Regulations from above cannot be underestimated in tackling trafficking. In his speech onstage at CGI, Obama outlined an impressive plan to fight what he considers modern-day slavery, assuring the audience that his administration is enacting ever-expanding reforms. “We're shining a spotlight on the dark corners where it persists,” he said. But there’s also a lot still to do. On Tuesday, he signed an executive order requiring business cooperation with the issue, and called for congress to renew the Trafficking Victims Protection Act—legislation to help identify and prosecute human trafficking situations, which expired last year.
Things are moving, but Buck says there’s still a long way to go, as more victims step forward. “The volume of cases identified has simply outpaced the funding,” she says. And for organizations dealing with survivors, a quick fix isn’t enough. The average stay for those at CAST is a year and a half, during which they are given everything someone who arrives without a dime to her name needs, from shelter and protection to medical treatment and language programs. The organization also brings over to America family members of the victims if they believe they could be targeted.

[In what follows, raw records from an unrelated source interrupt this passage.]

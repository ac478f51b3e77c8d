-- ===== src/Service/Wide.antt =====
-- The discovery on all databases: the list of the databases, then one round for each.
use libzbxpgsql.Base.{
  suc, ◌≡◌, refl, sym, subst, Bool, true, false, Option, none, some, List, [], ◌∷◌, ◌++◌, All, Text,
  IsText, arith,
}
use libzbxpgsql.Runtime.{
  result, Env, World, Request, PgResult, JsonCall, Report, Event, connected, executed,
}
use libzbxpgsql.Params.Laws.{IsFresh, Frees-IsFresh}
use libzbxpgsql.Connect.{plain_format}
use libzbxpgsql.Connect.Laws.{IsTextRequest}
use libzbxpgsql.Query.Exchange.{closed, closed-Frees, refused-Frees}
use libzbxpgsql.Discovery.{add_rows, discover_each}
use libzbxpgsql.Discovery.Rounds.{
  db_connstring, db_result, db_history, left_over, discover_each_rows, discover_each_undefined,
  discover_each_failed, discover_each-refused, discover_each_format,
}
use libzbxpgsql.Service.Effects.{Effect, Act, returns, joined, refusal}
use libzbxpgsql.Service.Meets.{Leaves, Meets, Meets-joined, Implements, Implements-returns}
use libzbxpgsql.Service.Rows.{objects?, query_error, add_rows-objects?}

module _ (env : Env) (request : Request) (query : Text) where
  -- a round that has got objects, and one that has not
  abbrev pub round_rows :
      List Event
      → Text
      → (List JsonCall → Act (Option (List JsonCall)))
      → Option (List JsonCall)
      → Option (Effect (Option (List JsonCall)))
  round_rows h db next none = none
  round_rows h db next (some found) =
      joined
        (record {
          value = tt {0};
          said = [];
          asked =
              executed (db_connstring request db) query []
              ∷ connected (db_connstring request db)
              ∷ [];
          clean = true;
        })
        (next found (db_history request query h db))

  -- A database whose query fails ends the discovery, and its result is never given back.
  abbrev pub round_of :
      List Event
      → Text
      → (List JsonCall → Act (Option (List JsonCall)))
      → Bool
      → Option (Effect (Option (List JsonCall)))
  round_of h db next true = round_rows h db next (
      objects? env (db_result env request query h db).fields
        (db_result env request query h db).rows)
  round_of h db next false = some (record {
    value = none;
    said = query_error env (db_result env request query h db) ∷ [];
    asked =
        executed (db_connstring request db) query [] ∷ connected (db_connstring request db) ∷ [];
    clean = false;
  })

  abbrev pub round :
      List Event
      → Text
      → (List JsonCall → Act (Option (List JsonCall)))
      → Option Text
      → Option (Effect (Option (List JsonCall)))
  round h db next none = round_of h db next (db_result env request query h db).tuples_ok
  round h db next (some message) =
      refusal env (db_connstring request db) [] none (plain_format message)

  -- The databases one after the other, behind the objects so far.
  abbrev pub each_act : List JsonCall → List Text → Act (Option (List JsonCall))
  each_act calls [] h = returns (some calls) h
  each_act calls (db ∷ dbs) h =
      round h db (λ found. each_act (calls ++ found) dbs) (env.connect h (db_connstring request db))

  left_over-Leaves :
      (w : World) (c : Text) (r : PgResult) (said : Report)
      → IsFresh w
      → Leaves w (left_over env w c query r said)
  left_over-Leaves w c r said f = record {
    keeps = record {
      old = λ p l. ground arith;
      fresh = λ p l. ground (arith, f p);
      grows = omega arith;
    };
    left = (suc w.next, result r, omega arith, omega arith, ground arith);
  }

  module _ (text_ok : IsTextRequest request) (w : World) (calls : List JsonCall) (db : Text)
      (dbs : List Text) (f : IsFresh w) (t : IsText db)
      (next : (found : List JsonCall)
        → Implements
            (discover_each env request query none (calls ++ found) dbs)
            (each_act (calls ++ found) dbs)) where
    abbrev run : Option (Option (List JsonCall) × World)
    run = discover_each env request query none calls (db ∷ dbs) w

    abbrev go_on : List JsonCall → Act (Option (List JsonCall))
    go_on found = each_act (calls ++ found) dbs

    rows-Meets :
        (x : Option (List JsonCall))
        → env.connect w.history (db_connstring request db) ≡ none
        → (db_result env request query w.history db).tuples_ok ≡ true
        → add_rows env
            (db_result env request query w.history db)
            0
            (db_result env request query w.history db).rows
          ≡ x
        → Meets w w run (round_rows w.history db go_on x)
    rows-Meets none accepted ok rows =
        discover_each_undefined env request query text_ok w calls db dbs f t accepted ok rows
    rows-Meets (some found) accepted ok rows =
        let c = db_connstring request db in
        let r = db_result env request query w.history db in
        let w₁ = closed w c query none [] r [] in
        let frees = closed-Frees w c query none [] r [] f in
        subst (λ x. Meets w w x (round_rows w.history db go_on (some found)))
          (sym (
            discover_each_rows env request query text_ok w calls db dbs f t accepted ok found rows))
          (Meets-joined
            (record {
              value = tt {0};
              said = [];
              asked = executed c query [] ∷ connected c ∷ [];
              clean = true;
            })
            w w w₁ _ _ f (record { memory = frees; reports = refl; history = refl })
            ((next found).at w₁ (Frees-IsFresh none w w₁ frees f)))

    result-Meets :
        (b : Bool)
        → env.connect w.history (db_connstring request db) ≡ none
        → (db_result env request query w.history db).tuples_ok ≡ b
        → Meets w w run (round_of w.history db go_on b)
    result-Meets true accepted ok = rows-Meets _ accepted ok (
        add_rows-objects? env (db_result env request query w.history db) []
          (db_result env request query w.history db).rows refl)
    result-Meets false accepted bad = (
      _,
      discover_each_failed env request query text_ok w calls db dbs f t accepted bad,
      record {
        memory =
            left_over-Leaves w (db_connstring request db) (db_result env request query w.history db)
              _ f;
        reports = refl;
        history = refl;
      },
    )

    refused-Meets :
        (message : Text) (x : Option Text)
        → env.connect w.history (db_connstring request db) ≡ some message
        → plain_format message ≡ x
        → Meets w w run (refusal env (db_connstring request db) [] none x)
    refused-Meets message none hard format =
        discover_each_format env request query text_ok w calls db dbs f t message hard format
    refused-Meets message (some text) hard format = (
      _,
      discover_each-refused env request query text_ok w calls db dbs f t message text hard format,
      record {
        memory = refused-Frees env w (db_connstring request db) true text f;
        reports = refl;
        history = refl;
      },
    )

    round-Meets :
        (x : Option Text)
        → env.connect w.history (db_connstring request db) ≡ x
        → Meets w w run (round w.history db go_on x)
    round-Meets none e = result-Meets _ e refl
    round-Meets (some message) e = refused-Meets message _ e refl

  pub discover_each-Implements :
      IsTextRequest request
      → (dbs : List Text) (calls : List JsonCall) → All IsText dbs
      → Implements (discover_each env request query none calls dbs) (each_act calls dbs)
  unfolding discover_each
  discover_each-Implements text_ok [] calls t = Implements-returns (some calls)
  discover_each-Implements text_ok (db ∷ dbs) calls t = record {
    at = λ w f.
        round-Meets text_ok w calls db dbs f t.0
          (λ found. discover_each-Implements text_ok dbs (calls ++ found) t.1) _ refl;
  }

Matul’s story, incredible as it is, is just one of many. Across the globe there are an estimated 20 million human-trafficking victims. But with the overarching prevention work done by government agencies, and on-the-ground recovery provided by small charities such as CAST, a problem that has marred most of human history is being chipped at, bill by bill and story by story. Buck hopes Obama’s speech will “light some fires,” especially since many seem unaware of the magnitude of the problem that’s taking place in our backyards.
Obama addressed these voiceless enslaved people directly at CGI, saying, “Our message today, to them, is—to the millions around the world—we see you. We hear you. We insist on your dignity. And we share your belief that if just given the chance, you will forge a life equal to your talents and worthy of your dreams.”
A shining example stood under the spotlight at CGI just earlier this week. “Look what happens when people get back on their feet,” Buck says.